European Solidarity deputy Mikola Niazytsky criticized the government in September when in May it decided to deny consular services to men abroad, forcing them to return to Ukraine to do so. “We have thousands of people who stop renewing their Ukrainian documents,” Niazytsky said, “because now we have many people who have two ID cards, like in Germany, and they basically reject Ukrainian. We have a true demographic disaster before us.
Representatives of the government and opposition parties European Solidarity and Holos took part in a detailed debate in the Kyiv Press Centre, which suggests that multiple citizenship will not soon be a reality: it was discussed whether Ukrainians with dual nationality should have the right to Buy land in Ukraine, whether he should be able to receive a pension while living abroad, whether he should have the right to hold public office or what checks he must undergo from intelligence services to determine whether he is Russian detective.

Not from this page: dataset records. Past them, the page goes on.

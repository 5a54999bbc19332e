-- ===== src/Server/Paths.antt =====
-- The collections of push_relay/app.py are told apart by the second letter of their names.
use Prim.Native.Char.{code}
use text.Mathlib.TextLemmas.{cons-append}
use pbxpulse_agent.Prelude.{
  ℕ, String, ◌≡◌, refl, ap, true, false, ◌==◌, eq_iff, nat_eq, concat, is_truthy, arith, Bool-cases,
  inl, inr,
}
use pbxpulse_agent.Server.Store.{agent_path, device_path, token_path}

unfoldable pub tag : String → ℕ
tag String.[] = 0
tag (String.◌∷◌ c String.[]) = 0
tag (String.◌∷◌ c (String.◌∷◌ d s)) = code d

pub device_path-tag : (a d : String) → tag (device_path a d) ≡ b'g'
unfolding tag concat
device_path-tag a d = rw (cons-append, cons-append)

pub token_path-tag : (g : String) → tag (token_path g) ≡ b'e'
unfolding tag concat
token_path-tag g = rw (cons-append, cons-append)

pub agent_path-tag : (a : String) → tag (agent_path a) ≡ b'g'
unfolding tag concat
agent_path-tag a = rw (cons-append, cons-append)

pub tag-is_truthy : (p : String) → tag p ≡ b'g' → is_truthy p ≡ true
unfolding tag
tag-is_truthy String.[] h = absurd (ground arith)
tag-is_truthy (String.◌∷◌ c s) h = refl

-- Paths with different tags are different.
pub tag_differ : (p q : String) → nat_eq (tag p) (tag q) ≡ false → p == q ≡ false
tag_differ p q h = elim (Bool-cases (p == q)) [
  | inl e ↦ absurd (ground (arith, ap tag ((eq_iff p q).0 e)))
  | inr e ↦ e
]

-- The pointer of a token is no document of an Agent.
pub token_path-differs : (g p : String) → tag p ≡ b'g' → token_path g == p ≡ false
token_path-differs g p h = tag_differ (token_path g) p (rw (token_path-tag g, h) refl)

pub differs-token_path : (g p : String) → tag p ≡ b'g' → p == token_path g ≡ false
differs-token_path g p h = tag_differ p (token_path g) (rw (token_path-tag g, h) refl)
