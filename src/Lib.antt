-- ===== src/Lib.antt =====
-- A model of the programs that exercise page-table metadata, and of the parts of sysbench that they
-- use. The metadata belongs to a page, and four system calls serve it: enable_pte_meta expands the
-- page table of an address, disable_pte_meta collapses it, set_pte_meta stores metadata for a page,
-- a number (MDP=0) or a buffer with a header (MDP=1), and get_pte_meta reads it back.
--
-- test1 to test9 are programs of one thread each. They fill pages with a pattern, make the calls and
-- compare what they read. test10/sysbench is a benchmark; its memory test makes the same calls
-- beside its loads and stores, and its timers, counters, histogram and barrier serve all of its
-- tests: worker threads meet at the barrier, add to the counters and to the histogram, and run one
-- timer each; the main thread merges these into reports.
--
--   Prelude     names, lists and little-endian words that all parts share.
--   Pte         what the test programs share. Pte.Machine is the system below them, a parameter:
--               the system calls, posix_memalign, malloc, mlock, munlock and free. Pte.Process is
--               a program as an outcome (done, exited with EXIT_FAILURE, undefined behaviour)
--               with fill, verify_pattern, call_or_die_1 and call_or_die_3 of test2/test2.c.
--               Pte.Contract states what the kernel promises, which its code is not here to
--               show: enabling an expanded table fails with EEXIST, disabling a collapsed one
--               with EINVAL, reading from a collapsed one with ENODATA; metadata that was set is
--               read back, and no call changes the pages.
--   Suite       test1/test1.c to test9/test9.c, a main and its test function in each module:
--               Basic (test1), Direct (test2), Structured (test3), Errors (test4, test6, test7),
--               Pages (test5), Update (test8), Repeat (test9). Suite.Passing is about their
--               runs under the contract, Suite.Detection about runs of test2 without it, and
--               Suite.Reference is a machine that keeps the contract.
--   MemoryTest  test10/sysbench/src/tests/memory/sb_memory.c: memory_init in Init, the events and
--               memory_next_event in Events. An event is the list of its accesses in order.
--   CpuTest     test10/sysbench/src/tests/cpu/sb_cpu.c: the search for primes of an event. The
--               comparison with the square root is a parameter.
--   FileTest    test10/sysbench/src/tests/fileio/sb_fileio.c: parse_arguments and the table of
--               options in Arguments and Values, create_files in Create, the requests and
--               check_seq_req in Requests, the blocks with checksum and offset in Buffer,
--               file_execute_event in Execute. The files, crc32 and the random numbers are
--               parameters; the loop that draws again runs over the list of the draws.
--   Rand        test10/sysbench/src/sb_rand.c: the unique numbers in Unique, with the arithmetic that
--               they rest on in Residues, Modulus and Bits; uniform numbers, random strings and the
--               loop of the Zipf distribution in Generate; sb_rand_init and the seeding in Init. The
--               generator of 64 bits, the sums of doubles and random() are parameters.
--   Runner      test10/sysbench/src/sysbench.c: sb_more_events and the loops of the worker threads
--               as steps of the threads in any order. A thread that waits for an event of the queue
--               gets what the other threads do meanwhile as an argument.
--   Main        test10/sysbench/src/sysbench.c: the table of the general options in GeneralArgs, the
--               two passes over the command line in CommandLine, init, with sb_thread_init of
--               sb_thread.c, in Init, and main in Dispatch. qsort, the arithmetic on doubles, the
--               Lua interface and what the operations of a test return are parameters.
--   Timer       test10/sysbench/src/sb_timer.c and sb_timer.h.
--   Histogram   test10/sysbench/src/sb_histogram.c.
--   Counter     test10/sysbench/src/sb_counter.c and sb_counter.h.
--   Barrier     test10/sysbench/src/sb_barrier.c, as a step relation on its callers.
--   Options     test10/sysbench/src/sb_options.c and sb_options.h, the list of the program's options:
--               opt_name_cmp in Names, the list and its operations in Store, configuration files
--               in Config, set_option, sb_register_arg_set and sb_opt_copy in Set, sizes and
--               integers in Size, reading them by name in Get, and what their callers make of
--               them in Outcome. What a validator and the file system answer is a parameter.
--
-- Numbers are the native ones. A 64-bit counter is reduced modulo 2^64 and a 32-bit one modulo 2^32
-- where the code computes it; a number that is read as signed is compared with 2^63. Memory is a
-- function from addresses to bytes. Loops are recursion on the rounds that are left, so no fuel is
-- needed: fill and verify_pattern take the page size, test9 its 10000 rounds, an event its words. The
-- loop over the values of a configuration line gets as many rounds as the line has bytes, each of
-- which reads at least one, and the loop over the buffers of a configuration file as many as the file
-- has bytes. The loop over the divisors of a number gets that number of rounds, and the
-- rejection loop of the Zipf distribution any number. The loop that writes a file gets as many
-- rounds as the file shall have bytes, of which each writes one at least.
--
-- Not modelled: output and the times that test1 to test9 print, with the statistics of test9; the
-- floating-point functions of the histogram, whose results are arguments; memory that is freed;
-- HugeTLB pages; the options' help, their numbers of type double and failing allocations; the
-- file test's removal of its files, its asynchronous and mapped input and output; the rest of
-- sysbench (run_test and the reports, the Gaussian and the Pareto distribution, the tests of mutexes
-- and of threads, database drivers, Lua) and its third-party code. An operation of the timers, the
-- counters and the histogram is one step: their locks and atomic instructions are taken at their word, and only the
-- histogram's lock is kept, to say when an operation waits for ever. The callback of a barrier has
-- the same outcome in each round.

pub mod Barrier
pub mod Counter
pub mod CpuTest
pub mod FileTest
pub mod Histogram
pub mod MemoryTest
pub mod Options
pub mod Main
pub mod Prelude
pub mod Pte
pub mod Rand
pub mod Runner
pub mod Suite
pub mod Timer
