-- ===== src/Pte/Machine.antt =====
-- The machine that the programs test1 to test9 run on: the PTE metadata system calls and the
-- functions of the C library that they call. None of these is in the repository, so all of them
-- are parameters. Only the numbers of the system calls are the programs' own (test2/test2.c).
use bits_on_demand_pte_te.Prelude.{ℕ, zero, suc, Bool, true, false, Option, List}

-- A C `long`; `negsuc n` is -(n + 1).
pub data ℤ : Type 0 where
  pos : ℕ → ℤ
  negsuc : ℕ → ℤ

-- `r < 0`
abbrev pub is_neg : ℤ → Bool
is_neg (pos n) = false
is_neg (negsuc n) = true

-- `r == 0`
abbrev pub is_zero : ℤ → Bool
is_zero (pos zero) = true
is_zero (pos (suc n)) = false
is_zero (negsuc n) = false

-- The values of `errno` that README.md names.
pub data Errno : Type 0 where
  enodata einval eperm eexist efault enomem : Errno
  unlisted : ℕ → Errno

abbrev pub sys_enable_pte_meta : ℕ
sys_enable_pte_meta = 469

abbrev pub sys_disable_pte_meta : ℕ
sys_disable_pte_meta = 470

abbrev pub sys_set_pte_meta : ℕ
sys_set_pte_meta = 471

abbrev pub sys_get_pte_meta : ℕ
sys_get_pte_meta = 472

-- What a call can read and change: the kernel's own state, the bytes of the process's data pages
-- and the process's `errno`.
pub record State (K : Type 0) : Type 0 where
  pub kern : K
  pub mem : ℕ → ℕ
  pub errno : Errno

-- `garbage n` is what an uninitialised local object of `n` bytes holds. `syscall_1 nr a` is
-- `syscall(nr, a)`; `syscall_set nr a mdp bytes` is `syscall(nr, a, mdp, p)` with `bytes` at `p`;
-- `syscall_get nr a buffer` is `syscall(nr, a, p)` with `buffer` at `p`, and also returns what is
-- at `p` afterwards. `posix_memalign` gives the address of the block, and `malloc` the bytes that
-- a new block holds; `none` is failure.
pub record Machine : Type 1 where
  pub Kern : Type 0
  pub page_size : ℕ
  pub garbage : ℕ → List ℕ
  pub syscall_1 : ℕ → ℕ → State Kern → ℤ × State Kern
  pub syscall_set : ℕ → ℕ → ℕ → List ℕ → State Kern → ℤ × State Kern
  pub syscall_get : ℕ → ℕ → List ℕ → State Kern → ℤ × List ℕ × State Kern
  pub posix_memalign : (alignment size : ℕ) → State Kern → Option ℕ × State Kern
  pub malloc : ℕ → State Kern → Option (List ℕ) × State Kern
  pub mlock : ℕ → ℕ → State Kern → State Kern
  pub munlock : ℕ → ℕ → State Kern → State Kern
  pub free : ℕ → State Kern → State Kern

Grodd warned that if future legislation established “first-class and second-class citizenship”, the project was doomed to failure.
Meanwhile, time is rapidly running against Ukraine’s interests, as Holos MP Solomiya Bowrovska admitted: “The generation that has now left Ukraine has, unlike the previous generation, quickly assimilated into the host country Is.” There are millions of people, especially young women, who have restarted a new life with children who have already been going to school in other countries for three years.
More radical voices also add fuel to the fire. Dmytro Korchinsky, founder of the far-right Fraternity party, has sparked a bitter controversy this September and October by defending through the media the need to ban the departure of minors from Ukraine in order to save the country: “The mothers of these children “They want to take advantage of the wonderful opportunity that the (Russian) aggression has given them to get subsidies in European countries,” he said this Wednesday. Wire Korchinsky: “The country is losing a large number of children who will not return and who will not grow up as Ukrainians.”
There are also calls within the Ukrainian Armed Forces to lower the military conscription age for youth under 25, which many analysts warn will lead to even more youth leaving the country. In an unusual public intervention, Valery Zaluzny, the former commander in chief of the Ukrainian army and now ambassador to London, told a conference on 3 October that despite pressure he had always opposed: “We need Ukraine to exist longer”. And 20 and 30 years. “Only these people between 18 and 25 years of age will save our country.”